## Prompt
Pull out of the data below the stretch of lines bounded by the one containing "steps_items : Items → ℕ" and the one containing "read (suc f) ((suc (suc (suc (suc (suc (suc (suc zero)))))))", both bounds included, unchanged.

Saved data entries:
══════════
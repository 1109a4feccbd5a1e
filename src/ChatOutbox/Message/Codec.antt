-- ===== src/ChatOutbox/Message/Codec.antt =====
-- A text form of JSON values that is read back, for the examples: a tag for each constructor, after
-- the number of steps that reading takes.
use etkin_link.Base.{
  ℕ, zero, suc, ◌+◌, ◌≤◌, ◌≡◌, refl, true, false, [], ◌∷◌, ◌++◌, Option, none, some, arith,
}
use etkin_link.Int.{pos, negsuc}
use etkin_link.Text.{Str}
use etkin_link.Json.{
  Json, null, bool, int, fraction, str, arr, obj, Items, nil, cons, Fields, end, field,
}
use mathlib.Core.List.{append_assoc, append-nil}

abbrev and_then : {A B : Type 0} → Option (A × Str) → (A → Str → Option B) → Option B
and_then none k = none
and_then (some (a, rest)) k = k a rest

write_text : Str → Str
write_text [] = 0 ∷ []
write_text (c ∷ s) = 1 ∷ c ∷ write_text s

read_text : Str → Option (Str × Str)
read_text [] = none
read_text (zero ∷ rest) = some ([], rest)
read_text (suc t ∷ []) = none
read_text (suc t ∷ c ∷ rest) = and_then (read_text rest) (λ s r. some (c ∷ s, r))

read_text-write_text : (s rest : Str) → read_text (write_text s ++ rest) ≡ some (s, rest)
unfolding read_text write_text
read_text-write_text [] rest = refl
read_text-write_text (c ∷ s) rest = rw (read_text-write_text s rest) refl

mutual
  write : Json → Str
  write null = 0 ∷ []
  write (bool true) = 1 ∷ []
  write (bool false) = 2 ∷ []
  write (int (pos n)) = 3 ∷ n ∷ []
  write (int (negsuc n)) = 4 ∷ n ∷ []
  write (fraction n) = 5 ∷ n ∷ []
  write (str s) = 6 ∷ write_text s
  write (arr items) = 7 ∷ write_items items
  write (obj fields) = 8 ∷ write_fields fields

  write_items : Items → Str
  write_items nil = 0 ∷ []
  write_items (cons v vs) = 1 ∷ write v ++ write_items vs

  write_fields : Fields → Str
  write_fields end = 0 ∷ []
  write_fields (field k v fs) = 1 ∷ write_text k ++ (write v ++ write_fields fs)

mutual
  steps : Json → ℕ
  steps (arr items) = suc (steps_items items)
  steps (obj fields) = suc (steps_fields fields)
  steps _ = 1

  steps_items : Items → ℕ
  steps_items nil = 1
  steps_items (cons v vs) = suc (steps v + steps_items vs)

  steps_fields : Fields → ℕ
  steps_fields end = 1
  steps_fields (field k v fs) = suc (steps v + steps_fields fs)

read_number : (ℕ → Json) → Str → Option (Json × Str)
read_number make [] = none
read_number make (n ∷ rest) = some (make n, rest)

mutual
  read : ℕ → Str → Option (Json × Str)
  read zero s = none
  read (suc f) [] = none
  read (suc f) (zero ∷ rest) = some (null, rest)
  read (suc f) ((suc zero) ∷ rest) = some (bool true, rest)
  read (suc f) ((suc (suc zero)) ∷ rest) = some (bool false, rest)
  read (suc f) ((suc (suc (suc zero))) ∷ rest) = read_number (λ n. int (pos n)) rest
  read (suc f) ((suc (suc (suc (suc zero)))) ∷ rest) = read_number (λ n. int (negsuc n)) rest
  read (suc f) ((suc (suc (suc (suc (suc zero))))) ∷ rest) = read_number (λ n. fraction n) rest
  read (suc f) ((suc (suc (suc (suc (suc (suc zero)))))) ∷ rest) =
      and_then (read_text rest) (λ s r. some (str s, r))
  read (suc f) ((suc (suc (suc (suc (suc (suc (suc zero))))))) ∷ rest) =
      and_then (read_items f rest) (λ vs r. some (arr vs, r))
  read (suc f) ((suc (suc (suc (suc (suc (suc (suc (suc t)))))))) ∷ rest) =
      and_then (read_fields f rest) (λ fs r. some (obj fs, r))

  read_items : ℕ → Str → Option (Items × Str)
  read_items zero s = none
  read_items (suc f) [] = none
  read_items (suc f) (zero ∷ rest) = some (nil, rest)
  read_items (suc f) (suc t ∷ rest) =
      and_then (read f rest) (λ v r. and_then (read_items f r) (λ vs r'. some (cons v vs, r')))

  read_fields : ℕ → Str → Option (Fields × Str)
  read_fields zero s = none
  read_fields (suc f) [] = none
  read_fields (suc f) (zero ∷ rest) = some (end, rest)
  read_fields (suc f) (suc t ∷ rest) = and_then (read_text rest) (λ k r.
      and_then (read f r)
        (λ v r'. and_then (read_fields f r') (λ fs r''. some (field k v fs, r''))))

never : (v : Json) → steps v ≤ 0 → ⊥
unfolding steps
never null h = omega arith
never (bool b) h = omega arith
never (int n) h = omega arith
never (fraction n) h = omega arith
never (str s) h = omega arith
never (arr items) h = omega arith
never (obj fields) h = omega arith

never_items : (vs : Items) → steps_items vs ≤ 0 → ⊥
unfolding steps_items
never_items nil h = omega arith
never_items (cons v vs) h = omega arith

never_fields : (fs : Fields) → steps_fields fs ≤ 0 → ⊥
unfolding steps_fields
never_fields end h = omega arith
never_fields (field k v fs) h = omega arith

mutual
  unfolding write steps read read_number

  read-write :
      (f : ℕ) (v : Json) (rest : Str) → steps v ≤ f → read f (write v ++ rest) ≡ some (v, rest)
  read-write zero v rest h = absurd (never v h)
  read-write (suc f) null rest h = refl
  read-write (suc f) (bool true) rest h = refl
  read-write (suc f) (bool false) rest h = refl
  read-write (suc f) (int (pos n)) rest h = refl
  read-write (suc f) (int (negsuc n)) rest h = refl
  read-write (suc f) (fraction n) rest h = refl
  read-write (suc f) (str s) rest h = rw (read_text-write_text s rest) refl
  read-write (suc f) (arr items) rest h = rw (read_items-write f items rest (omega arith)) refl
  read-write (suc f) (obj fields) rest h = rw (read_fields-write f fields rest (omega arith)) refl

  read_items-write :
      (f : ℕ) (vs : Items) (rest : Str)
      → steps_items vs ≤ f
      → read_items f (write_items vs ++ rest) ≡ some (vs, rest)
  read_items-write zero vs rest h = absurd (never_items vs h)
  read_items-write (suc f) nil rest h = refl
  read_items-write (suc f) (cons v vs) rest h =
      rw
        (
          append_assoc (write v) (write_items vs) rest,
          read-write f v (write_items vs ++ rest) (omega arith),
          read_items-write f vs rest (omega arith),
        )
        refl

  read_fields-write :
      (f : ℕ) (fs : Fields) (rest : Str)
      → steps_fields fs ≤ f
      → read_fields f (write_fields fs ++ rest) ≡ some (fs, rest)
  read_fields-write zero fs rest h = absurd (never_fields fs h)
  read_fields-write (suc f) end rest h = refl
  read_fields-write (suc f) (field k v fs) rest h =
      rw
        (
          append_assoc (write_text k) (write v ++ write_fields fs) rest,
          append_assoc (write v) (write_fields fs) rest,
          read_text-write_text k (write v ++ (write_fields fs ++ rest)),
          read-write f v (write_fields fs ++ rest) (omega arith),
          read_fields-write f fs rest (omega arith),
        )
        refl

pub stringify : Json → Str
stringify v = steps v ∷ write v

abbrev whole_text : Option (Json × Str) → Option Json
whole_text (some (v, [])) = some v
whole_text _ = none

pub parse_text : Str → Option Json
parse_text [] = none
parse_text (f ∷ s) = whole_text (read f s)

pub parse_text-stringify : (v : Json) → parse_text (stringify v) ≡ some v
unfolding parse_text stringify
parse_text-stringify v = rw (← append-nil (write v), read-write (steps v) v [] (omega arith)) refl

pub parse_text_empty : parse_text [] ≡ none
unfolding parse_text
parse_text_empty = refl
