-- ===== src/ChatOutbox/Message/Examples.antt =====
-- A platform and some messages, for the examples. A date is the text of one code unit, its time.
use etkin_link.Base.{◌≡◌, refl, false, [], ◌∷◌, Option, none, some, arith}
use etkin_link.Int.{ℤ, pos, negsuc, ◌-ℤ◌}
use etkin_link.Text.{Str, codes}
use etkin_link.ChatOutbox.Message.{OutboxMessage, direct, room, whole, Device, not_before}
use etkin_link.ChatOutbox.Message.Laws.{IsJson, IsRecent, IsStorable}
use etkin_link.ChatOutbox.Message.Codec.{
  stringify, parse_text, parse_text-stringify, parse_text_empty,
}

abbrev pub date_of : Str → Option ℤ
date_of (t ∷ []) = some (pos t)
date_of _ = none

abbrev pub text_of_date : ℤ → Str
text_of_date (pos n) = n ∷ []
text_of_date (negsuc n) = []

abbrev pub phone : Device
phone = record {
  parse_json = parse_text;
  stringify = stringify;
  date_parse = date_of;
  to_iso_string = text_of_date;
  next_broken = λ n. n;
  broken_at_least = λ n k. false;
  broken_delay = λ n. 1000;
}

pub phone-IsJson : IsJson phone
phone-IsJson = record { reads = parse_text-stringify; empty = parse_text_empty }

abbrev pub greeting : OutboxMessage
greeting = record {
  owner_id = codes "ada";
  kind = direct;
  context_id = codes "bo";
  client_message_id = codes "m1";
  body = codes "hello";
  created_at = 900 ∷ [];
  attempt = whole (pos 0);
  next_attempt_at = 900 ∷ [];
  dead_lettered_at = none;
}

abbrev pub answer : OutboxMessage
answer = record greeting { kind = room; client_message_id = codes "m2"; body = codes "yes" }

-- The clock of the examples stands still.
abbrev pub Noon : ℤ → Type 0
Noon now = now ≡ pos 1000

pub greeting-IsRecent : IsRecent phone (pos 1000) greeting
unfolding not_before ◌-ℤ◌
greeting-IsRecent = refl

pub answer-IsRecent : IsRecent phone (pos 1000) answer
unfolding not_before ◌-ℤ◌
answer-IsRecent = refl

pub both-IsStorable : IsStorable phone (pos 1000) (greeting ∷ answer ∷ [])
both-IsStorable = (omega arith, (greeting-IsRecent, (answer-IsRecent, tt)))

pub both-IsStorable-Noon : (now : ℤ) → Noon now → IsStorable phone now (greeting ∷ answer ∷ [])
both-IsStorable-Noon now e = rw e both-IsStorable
══════════
## Answer to the problem
  steps_items : Items → ℕ
  steps_items nil = 1
  steps_items (cons v vs) = suc (steps v + steps_items vs)

  steps_fields : Fields → ℕ
  steps_fields end = 1
  steps_fields (field k v fs) = suc (steps v + steps_fields fs)

read_number : (ℕ → Json) → Str → Option (Json × Str)
read_number make [] = none
read_number make (n ∷ rest) = some (make n, rest)

mutual
  read : ℕ → Str → Option (Json × Str)
  read zero s = none
  read (suc f) [] = none
  read (suc f) (zero ∷ rest) = some (null, rest)
  read (suc f) ((suc zero) ∷ rest) = some (bool true, rest)
  read (suc f) ((suc (suc zero)) ∷ rest) = some (bool false, rest)
  read (suc f) ((suc (suc (suc zero))) ∷ rest) = read_number (λ n. int (pos n)) rest
  read (suc f) ((suc (suc (suc (suc zero)))) ∷ rest) = read_number (λ n. int (negsuc n)) rest
  read (suc f) ((suc (suc (suc (suc (suc zero))))) ∷ rest) = read_number (λ n. fraction n) rest
  read (suc f) ((suc (suc (suc (suc (suc (suc zero)))))) ∷ rest) =
      and_then (read_text rest) (λ s r. some (str s, r))
  read (suc f) ((suc (suc (suc (suc (suc (suc (suc zero))))))) ∷ rest) =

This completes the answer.